Stored data entries
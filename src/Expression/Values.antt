-- ===== src/Expression/Values.antt =====
-- internal/policy/compiler: the values, lists and paths of Rego.
use mcp_proxy.Prelude.{List, String, [], if◌then◌else◌, suc, zero, ℕ, ◌+◌, ◌∷◌}
use Prim.Native.String.{◌++◌ as ◌++ˢ◌}
use mcp_proxy.Cache.{join}
use mcp_proxy.Json.{Fields, Items, Value, arr, bool, cons, nil, null, number, obj, str}
use mcp_proxy.Upstream.Events.{has_prefix}

pub record Printer : Type 0 where
  -- %d
  pub decimal : ℕ → String
  -- %q
  pub quote : String → String
  -- a JSON number as a Rego literal
  pub number : String → String
  -- %v of a map
  pub object : Fields → String

pub data Compiled {ℓ} (A : Type ℓ) : Type ℓ where
  ok : A → Compiled A
  err : String → Compiled A
  panicked : Compiled A

-- fmt.Errorf("%s: %w", …)
unfoldable pub wrap {ℓ} : {A : Type ℓ} → String → Compiled A → Compiled A
wrap text (ok x) = ok x
wrap text (err e) = err (text ++ˢ ": " ++ˢ e)
wrap text panicked = panicked

-- The second is made if the first has a result.
unfoldable pub both {ℓ} : {A B C : Type ℓ} → (A → B → C) → Compiled A → Compiled B → Compiled C
both f (ok x) (ok y) = ok (f x y)
both f (ok x) (err e) = err e
both f (ok x) panicked = panicked
both f (err e) _ = err e
both f panicked _ = panicked

unfoldable pub map_compiled {ℓ} : {A B : Type ℓ} → (A → B) → Compiled A → Compiled B
map_compiled f (ok x) = ok (f x)
map_compiled f (err e) = err e
map_compiled f panicked = panicked

-- strings.Repeat("    ", n)
unfoldable pub indentation : ℕ → String
indentation zero = ""
indentation (suc n) = "    " ++ˢ indentation n

-- fieldPathToRego
unfoldable pub field_path_to_rego : String → String
unfolding has_prefix
field_path_to_rego path = if has_prefix "input." path then path else "input." ++ˢ path

-- valueToRego
unfoldable mutual
  pub value_to_rego : Printer → Value → String
  value_to_rego pr (str s) = pr.quote s
  value_to_rego pr (bool b) = if b then "true" else "false"
  value_to_rego pr (number n) = pr.number n
  value_to_rego pr (arr xs) = "[" ++ˢ join (items_to_rego pr xs) ", " ++ˢ "]"
  value_to_rego pr null = "null"
  value_to_rego pr (obj fs) = pr.object fs

  pub items_to_rego : Printer → Items → List String
  items_to_rego pr nil = []
  items_to_rego pr (cons v xs) = value_to_rego pr v ∷ items_to_rego pr xs

-- toStringSlice
unfoldable pub string_items : Printer → ℕ → Items → Compiled (List String)
unfolding map_compiled
string_items pr i nil = ok []
string_items pr i (cons (str s) xs) = map_compiled (λ ss. s ∷ ss) (string_items pr (i + 1) xs)
string_items pr i (cons _ xs) = err ("values[" ++ˢ pr.decimal i ++ˢ "] must be a string")

unfoldable pub to_string_slice : Printer → Value → Compiled (List String)
unfolding string_items
to_string_slice pr (arr xs) = string_items pr 0 xs
to_string_slice pr _ = err "values must be an array of strings"

unfoldable pub quote_all : Printer → List String → List String
quote_all pr [] = []
quote_all pr (s ∷ ss) = pr.quote s ∷ quote_all pr ss

-- quoteSlice
unfoldable pub quote_slice : Printer → List String → String
unfolding quote_all join
quote_slice pr items = "[" ++ˢ join (quote_all pr items) ", " ++ˢ "]"

-- path in [...], behind `start`
unfoldable pub membership : Printer → String → String → Value → Compiled String
unfolding map_compiled to_string_slice quote_slice
membership pr start path v =
    map_compiled (λ values. start ++ˢ path ++ˢ " in " ++ˢ quote_slice pr values)
      (to_string_slice pr v)
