-- ===== src/Blocklist.antt =====
-- internal/policy/compiler/blocklist.go: blocklist rules as Rego, with the names of rules.
--
-- The texts are those of the template in templates.go. The list of warnings that
-- CompileBlocklistRules returns stays empty and is left out.
pub mod Names
pub mod Compiling
pub mod Tests
use mcp_proxy.Prelude.{
  Bool, List, Option, String, [], eqb, false, if◌then◌else◌, leb, none, not, some, true, ℕ, ◌&&◌,
  ◌==◌, ◌||◌, ◌∷◌,
}
use Prim.Native.Char.{Char, char, code as code_point}
use Prim.Native.String.{◌++◌ as ◌++ˢ◌}
use mcp_proxy.Cache.{join}
use mcp_proxy.Json.{Value, get_field, str}
use mcp_proxy.Parser.{is_letter}
use mcp_proxy.Validation.{RuleDefinition, is_enabled}
use mcp_proxy.Expression.Values.{
  Compiled, Printer, both, err, map_compiled, ok, quote_slice, to_string_slice, wrap,
}

abbrev pub underscore : Char
underscore = char b'_' tt

-- strings.ReplaceAll(id, "-", "_")
unfoldable pub replace_dashes : String → String
replace_dashes String.[] = ""
replace_dashes (String.◌∷◌ c s) =
    let rest = replace_dashes s in
    if eqb (code_point c) b'-' then (String.◌∷◌ underscore rest) else (String.◌∷◌ c rest)

-- The loop of sanitizeRuleID; `started` is builder.Len() > 0.
unfoldable pub keep_valid : Bool → String → String
unfolding is_letter
keep_valid started String.[] = ""
keep_valid started (String.◌∷◌ c s) =
    let kept = keep_valid true s in
    let dropped = keep_valid started s in
    if is_letter (code_point c) || eqb (code_point c) b'_'
    then (String.◌∷◌ c kept)
    else if started && leb b'0' (code_point c) && leb (code_point c) b'9'
    then (String.◌∷◌ c kept)
    else dropped

-- sanitizeRuleID
unfoldable pub sanitize_rule_id : String → String
unfolding replace_dashes keep_valid
sanitize_rule_id id = keep_valid false (replace_dashes id)

unfoldable pub matched_subject : String → String
matched_subject match_type =
    if match_type == "tool"
    then "input.request.tool"
    else if match_type == "agent"
    then "input.agent.id"
    else "input.identity.did"

-- RenderBlocklist
unfoldable pub render_blocklist : Printer → String → String → List String → String → String
unfolding matched_subject quote_slice join
render_blocklist pr rule_id match_type values message =
    "\n# Rule: "
    ++ˢ rule_id
    ++ˢ " (blocklist)\n# Blocks "
    ++ˢ match_type
    ++ˢ ": ["
    ++ˢ join values " "
    ++ˢ "]\n\n"
    ++ˢ rule_id
    ++ˢ "_blocked if {\n    "
    ++ˢ matched_subject match_type
    ++ˢ " in "
    ++ˢ quote_slice pr values
    ++ˢ "\n}\n\nblocked if {\n    "
    ++ˢ rule_id
    ++ˢ "_blocked\n}\n\nviolations[msg] if {\n    "
    ++ˢ rule_id
    ++ˢ "_blocked\n    msg := "
    ++ˢ pr.quote message
    ++ˢ "\n}\n"

unfoldable pub blocklist_message : RuleDefinition → String → String
blocklist_message rule match_type =
    if rule.message == "" then match_type ++ˢ " is blocked by policy" else rule.message

unfoldable pub with_values : Printer → RuleDefinition → String → Option Value → Compiled String
unfolding wrap map_compiled to_string_slice render_blocklist sanitize_rule_id blocklist_message
with_values pr rule match_type none = err ("rule " ++ˢ rule.id ++ˢ ": 'values' is required")
with_values pr rule match_type (some v) = wrap ("rule " ++ˢ rule.id) (
    map_compiled
      (λ values.
        render_blocklist pr (sanitize_rule_id rule.id) match_type values
          (blocklist_message rule match_type))
      (to_string_slice pr v))

unfoldable pub with_match_type :
    Printer → RuleDefinition → Option Value → Option Value → Compiled String
unfolding with_values
with_match_type pr rule (some (str match_type)) values = with_values pr rule match_type values
with_match_type pr rule _ values = err ("rule " ++ˢ rule.id ++ˢ ": 'match_type' must be a string")

-- The body of the loop for an enabled rule.
unfoldable pub compile_blocklist_rule : Printer → RuleDefinition → Compiled String
unfolding with_match_type
compile_blocklist_rule pr rule =
    with_match_type pr rule (get_field "match_type" rule.conditions)
      (get_field "values" rule.conditions)

-- CompileBlocklistRules
unfoldable pub compile_blocklist_rules : Printer → List RuleDefinition → Compiled String
unfolding is_enabled both compile_blocklist_rule
compile_blocklist_rules pr [] = ok ""
compile_blocklist_rules pr (rule ∷ rules) =
    let rest = compile_blocklist_rules pr rules in
    if is_enabled rule
    then both (λ text texts. text ++ˢ "\n" ++ˢ texts) (compile_blocklist_rule pr rule) rest
    else rest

- _TASK GOAL_: Could you filter the entries above for lines holding the string "must" and copy them?

- _ANSWER TO THIS TASK_:
string_items pr i (cons _ xs) = err ("values[" ++ˢ pr.decimal i ++ˢ "] must be a string")
to_string_slice pr _ = err "values must be an array of strings"
with_match_type pr rule _ values = err ("rule " ++ˢ rule.id ++ˢ ": 'match_type' must be a string")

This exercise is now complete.